You would not want to move pieces of physical evidence from one place to another before they are collected, would you?
Umm, when I'm collecting evidence at crime scenes, I do not move evidence until I collect it.
Okay. If you pick something up, did something with it, just held it or whatever and then put it down at a different place, that might compromise the integrity of any trace evidence on that item, wouldn't it?
Moving things across dirt, for instance, that alone might cause the object to pick up hair or fiber that is in the dirt?
Would you agree that if there are two different environments, two different locations where a person spends time, that it is likely that you might find trace evidence of that person at both of those locations?
Do you know whether there are any studies that look into whether dogs and their fur can transfer trace evidence from one place to another?
Would you agree that you would not--would it not be unusual to find an abundance of dog hairs consistent with a dog that frequents a particular area?
The notes that you would prepare, you do that when you do your work, you do that contemporaneous when you prepare the work?
They are all done in chronological sequence and describe in great detail what do you from one step to the next?
Do you ever--if do you something on an item of evidence that you have already done something on before, do you ever just go back to your old notes and just kind of make a notation that you have done something else to it or do you create a whole new note in sequence so that you can reconstruct exactly what you have done from start to finish?
Umm, I usually make new notes just continuing on where I left off. Umm, in this case on I believe the little glove diagrams that I made, I did add some additional notes to them and I made a note of that in sequence that I did add additional notes to it.
And you don't have to rely on your memory to remember what you did, you can look at your own paperwork a year, two years from now and this is what I did?
Now, you told us in a lot of detail about how you change your gloves between every single item that you look at?
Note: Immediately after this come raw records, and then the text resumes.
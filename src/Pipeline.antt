-- ===== src/Pipeline.antt =====
-- The way of a visit through the programs and the two topics between them: helloworld logs requests
-- to url-visits, visitcounter counts them and writes visit-counts, wsfeed relays that to browsers.
pub mod Logged
pub mod Relayed
pub mod Shown
pub mod Edge
pub mod Polled
pub mod Browser
mod Tests
use pok.Kafka.{Message, Read, failed, message}
use pok.Prelude.Bytes.{Bytes}
use pok.Prelude.Int.{ℤ}
use pok.Prelude.{Option, none, some, List, [], ◌∷◌}
use pok.Visits.{Moment, Count, publish_visit}

-- A request that helloworld serves, with the clock, and the moment at which visitcounter reads its
-- event.
pub record Visit : Type 0 where
  pub path : Bytes
  pub served : ℤ
  pub read_at : Moment

-- What visitcounter reads of url-visits. `event` makes the value of an event.
unfoldable pub logged : (Bytes → Bytes) → List Visit → List (Read Moment)
logged event [] = []
logged event (v ∷ visits) =
    let rest = logged event visits in
    elim (publish_visit event v.path v.served) [ none ↦ rest | some m ↦ message m v.read_at ∷ rest ]
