-- ===== src/Pipeline/Relayed.antt =====
-- The last message that wsfeed reads under a key holds the last value that was written for it.
use pok.Feed.Client.{Envelope}
use pok.Feed.Consume.Latest.{last_message, relayed, AllRead}
use pok.Feed.Consume.{Moment, envelope_of}
use pok.Kafka.{Message, Read}
use pok.Feed.Hub.{new_hub}
use pok.Prelude.Maps.{lookup}
use pok.Kafka.Topics.{topic_message, last_keyed, Delivers, ended, retried, delivered, compacted}
use pok.Prelude.Bytes.{Bytes, bytes_key}
use pok.Prelude.Int.{ℤ}
use pok.Prelude.Lists.{All}
use pok.Prelude.Tests.{◌==◌, eq_iff, if◌then◌else◌, Bool-cases}
use pok.Prelude.{ℕ, ◌≡◌, refl, inl, inr, Bool, true, ◌&&◌, Option, none, some, List, ◌∷◌, arith}

-- A new hub knows no subject.
pub new_hub-state : (subj : Bytes) (n : ℕ) → lookup subj (new_hub n).state ≡ none
unfolding lookup new_hub
new_hub-state subj n = refl

module _ {A : Type 0} (key_of : A → Bytes) (encode : A → Bytes) where
  -- What a reader holds for a key and what was written last for it agree.
  pub data Agrees : Option A → Option (Message × ℤ) → Type 0 where
    neither : Agrees none none
    both : (a : A) (m : Message) (now : ℤ) → m.value ≡ encode a → Agrees (some a) (some (m, now))

  last_keyed_step :
      (u : Bytes) (a : A) (written : List A)
      → last_keyed key_of u (a ∷ written) ≡ elim (last_keyed key_of u written) [
        | some x ↦ some x
        | none ↦ if key_of a == u then some a else none
      ]
  unfolding last_keyed
  last_keyed_step u a written = refl

  last_keyed_replaced :
      (u : Bytes) (a later : A) (written : List A)
      → last_keyed key_of (key_of a) written ≡ some later
      → last_keyed key_of u (a ∷ written) ≡ last_keyed key_of u written
  unfolding last_keyed
  last_keyed_replaced u a later written e = ground (arith, eq_iff (key_of a) u)

  -- The hub holds the message for what was written last, or nothing.
  abbrev pub IsHeld : Option A → Option Envelope → Type 0
  IsHeld none held = held ≡ none
  IsHeld (some a) held = (e : Envelope) × (held ≡ some e) × (e.payload ≡ encode a)

  pub Agrees-IsHeld :
      (subj : Bytes) (o : Option A) (l : Option (Message × ℤ))
      → Agrees o l
      → IsHeld o (relayed subj l none)
  Agrees-IsHeld subj none none neither = refl
  Agrees-IsHeld subj (some a) (some (m, now)) (both _ _ _ e) = (envelope_of subj m now, refl, e)
  Agrees-IsHeld subj none (some x) g = elim g [ ]
  Agrees-IsHeld subj (some a) none g = elim g [ ]

  -- A property of all keys written holds of all messages read.
  pub Delivers-AllRead :
      (P : Bytes → Type 0) {written : List A} {reads : List (Read Moment)}
      → Delivers key_of encode written reads
      → All (λ a. P (key_of a)) written
      → AllRead (λ m. P m.key) reads
  unfolding topic_message
  Delivers-AllRead P ended h = tt
  Delivers-AllRead P (retried d) h = Delivers-AllRead P d h
  Delivers-AllRead P (delivered a time at d) h = (h.0, Delivers-AllRead P d h.1)
  Delivers-AllRead P (compacted a later e d) h = Delivers-AllRead P d h.1

  module _ (valid : Bytes → Bool) (encodes : (a : A) → valid (encode a) ≡ true) where
    read-Agrees :
        (u : Bytes) (a : A) (time now : ℤ) (o : Option A) (l : Option (Message × ℤ))
        → Agrees o l
        → Agrees
            (elim o [ some x ↦ some x | none ↦ if key_of a == u then some a else none ])
            (elim l [
              | some x ↦ some x
              | none ↦
                  if key_of a == u && valid (encode a)
                  then some (topic_message key_of encode a time, now)
                  else none
            ])
    unfolding topic_message
    read-Agrees u a time now none none neither = elim (Bool-cases (key_of a == u)) [
      | inl e ↦ rw e (rw (encodes a) (both a (topic_message key_of encode a time) now refl))
      | inr e ↦ rw e neither
    ]
    read-Agrees u a time now none (some y) g = elim g [ ]
    read-Agrees u a time now (some x) none g = elim g [ ]
    read-Agrees u a time now (some x) (some y) g = g

    pub Delivers-Agrees :
        (u : Bytes) {written : List A} {reads : List (Read Moment)}
        → Delivers key_of encode written reads
        → Agrees (last_keyed key_of u written) (last_message valid u reads)
    unfolding last_message topic_message
    Delivers-Agrees u ended = unfold last_keyed in neither
    Delivers-Agrees u (retried d) = Delivers-Agrees u d
    Delivers-Agrees u (delivered {written} {reads} a time at d) = rw (last_keyed_step u a written) (
        read-Agrees u a time at.now (last_keyed key_of u written) (last_message valid u reads)
          (Delivers-Agrees u d))
    Delivers-Agrees u (compacted {written} {reads} a later e d) =
        rw (last_keyed_replaced u a later written e) (Delivers-Agrees u d)
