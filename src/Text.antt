-- ===== src/Text.antt =====
-- The methods of Rust's `str` that the program calls, over the characters of a text.
pub mod Decimal
pub mod Join
use Prim.Native.Char.{Char, code}
use Prim.Native.String
use Prim.Native.String.{◌++◌ as string_append}
use dirbase.Prelude.{
  ℕ, ◌+◌, String, Bool, true, false, ◌&&◌, ◌||◌, Option, none, some, List, [], ◌∷◌, leb, ◌==◌,
  str_eq, if◌then◌else◌,
}

-- `format!` with its parts in order.
abbrev pub format : List String → String
format [] = ""
format (s ∷ ss) = string_append s (format ss)

-- `parts.join(separator)`.
unfoldable pub join : String → List String → String
join sep [] = ""
join sep (s ∷ []) = s
join sep (s ∷ t ∷ ss) = string_append s (string_append sep (join sep (t ∷ ss)))

abbrev cons_head : Char → List String → List String
cons_head c [] = String.◌∷◌ c "" ∷ []
cons_head c (part ∷ parts) = String.◌∷◌ c part ∷ parts

-- `text.split(separator)` at a character: always at least one part.
unfoldable pub split : ℕ → String → List String
split sep String.[] = "" ∷ []
split sep (String.◌∷◌ c s) =
    let rest = split sep s in if code c == sep then "" ∷ rest else cons_head c rest

abbrev cons_left : Char → Option (String × String) → Option (String × String)
cons_left c none = none
cons_left c (some (a, b)) = some (String.◌∷◌ c a, b)

-- `text.split_once(separator)`: at the first occurrence.
unfoldable pub split_once : ℕ → String → Option (String × String)
split_once sep String.[] = none
split_once sep (String.◌∷◌ c s) =
    let rest = split_once sep s in if code c == sep then some ("", s) else cons_left c rest

abbrev or_here : Char → String → Bool → Option (String × String) → Option (String × String)
or_here c s here none = if here then some ("", s) else none
or_here c s here (some (a, b)) = some (String.◌∷◌ c a, b)

-- `text.rsplit_once(separator)`: at the last occurrence.
unfoldable pub rsplit_once : ℕ → String → Option (String × String)
rsplit_once sep String.[] = none
rsplit_once sep (String.◌∷◌ c s) = or_here c s (code c == sep) (rsplit_once sep s)

-- `text.strip_prefix(c)` at a character.
unfoldable pub strip_prefix : ℕ → String → Option String
strip_prefix p String.[] = none
strip_prefix p (String.◌∷◌ c s) = if code c == p then some s else none

abbrev cons_some : Char → Option String → Option String
cons_some c none = none
cons_some c (some s) = some (String.◌∷◌ c s)

-- `text.strip_suffix(suffix)`.
unfoldable pub strip_suffix : String → String → Option String
strip_suffix suffix String.[] = if str_eq "" suffix then some "" else none
strip_suffix suffix (String.◌∷◌ c s) =
    if str_eq (String.◌∷◌ c s) suffix then some "" else cons_some c (strip_suffix suffix s)

-- `text.starts_with(prefix)`, `text.contains(part)` and `text.ends_with(suffix)`.
unfoldable pub starts_with : String → String → Bool
starts_with s String.[] = true
starts_with String.[] (String.◌∷◌ d t) = false
starts_with (String.◌∷◌ c s) (String.◌∷◌ d t) = code c == code d && starts_with s t

unfoldable pub contains : String → String → Bool
unfolding starts_with
contains String.[] t = starts_with "" t
contains (String.◌∷◌ c s) t = starts_with (String.◌∷◌ c s) t || contains s t

unfoldable pub ends_with : String → String → Bool
ends_with String.[] t = str_eq "" t
ends_with (String.◌∷◌ c s) t = str_eq (String.◌∷◌ c s) t || ends_with s t

-- `char::is_whitespace`: the code points with the Unicode property White_Space.
is_whitespace : ℕ → Bool
is_whitespace c =
    (leb 0x9 c && leb c 0xd)
    || c == 0x20
    || c == 0x85
    || c == 0xa0
    || c == 0x1680
    || (leb 0x2000 c && leb c 0x200a)
    || c == 0x2028
    || c == 0x2029
    || c == 0x202f
    || c == 0x205f
    || c == 0x3000

trim_start : String → String
trim_start String.[] = ""
trim_start (String.◌∷◌ c s) =
    let rest = trim_start s in if is_whitespace (code c) then rest else String.◌∷◌ c s

abbrev cons_unless_blank : Char → Bool → String → String
cons_unless_blank c blank String.[] = if blank then "" else String.◌∷◌ c ""
cons_unless_blank c blank s = String.◌∷◌ c s

trim_end : String → String
trim_end String.[] = ""
trim_end (String.◌∷◌ c s) = cons_unless_blank c (is_whitespace (code c)) (trim_end s)

-- `text.trim()`.
unfoldable pub trim : String → String
unfolding is_whitespace trim_start trim_end
trim s = trim_end (trim_start s)

abbrev pub is_empty : String → Bool
is_empty String.[] = true
is_empty (String.◌∷◌ c s) = false

-- The classes of ASCII characters.
abbrev pub is_ascii_digit : ℕ → Bool
is_ascii_digit c = leb 48 c && leb c 57

abbrev pub is_ascii_alphanumeric : ℕ → Bool
is_ascii_alphanumeric c = is_ascii_digit c || (leb 65 c && leb c 90) || (leb 97 c && leb c 122)

abbrev to_ascii_lowercase : ℕ → ℕ
to_ascii_lowercase c = if leb 65 c && leb c 90 then c + 32 else c

-- `text.eq_ignore_ascii_case(other)`.
unfoldable pub eq_ignore_ascii_case : String → String → Bool
eq_ignore_ascii_case String.[] String.[] = true
eq_ignore_ascii_case (String.◌∷◌ c s) (String.◌∷◌ d t) =
    to_ascii_lowercase (code c) == to_ascii_lowercase (code d) && eq_ignore_ascii_case s t
eq_ignore_ascii_case _ _ = false

-- `text.chars().all(p)`, over code points.
unfoldable pub all_chars : (ℕ → Bool) → String → Bool
all_chars p String.[] = true
all_chars p (String.◌∷◌ c s) = p (code c) && all_chars p s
And that is because even though you look at the paper, you may miss something? Let me be more detailed. After you are done looking at an item, you examine the paper to see if there is any trace evidence there and if you see trace evidence you try to put it back in the container?
There may be something there very tiny that you might miss. There also may be biological contamination, you know as far as--because a lot of the evidence we deal with is bloody evidence and so you don't want that around for the next item, so you just want to make sure you've got a clean working surface.
And that is to prevent things from your clothing getting into the evidence, isn't it?
Umm, I wear the same lab coat most of the time. It is laundered weekly, and you know, if I was to get something on it, then I would launder it, you know, immediately. I do have two lab coats that I can--
Between every single evidence item that he examined in your presence, did he change gloves?
Did he change paper on the table between every evidence item that he examined in your presence?
Umm, we were doing this together, so I don't know if he changed paper or I changed paper, but paper would have been changed, yes.
Okay. Now, you testified on direct that you saw--there was--some of the hairs that you examined had what appeared to be blood on them. Do you remember that testimony?
You have no way of telling, from looking at a hair that appears to have blood on it, when the blood got on the hair, do you?
You have no way of telling whether the blood was on an object and then the hair got on it or the hair was on the object and then the blood got on it, do you?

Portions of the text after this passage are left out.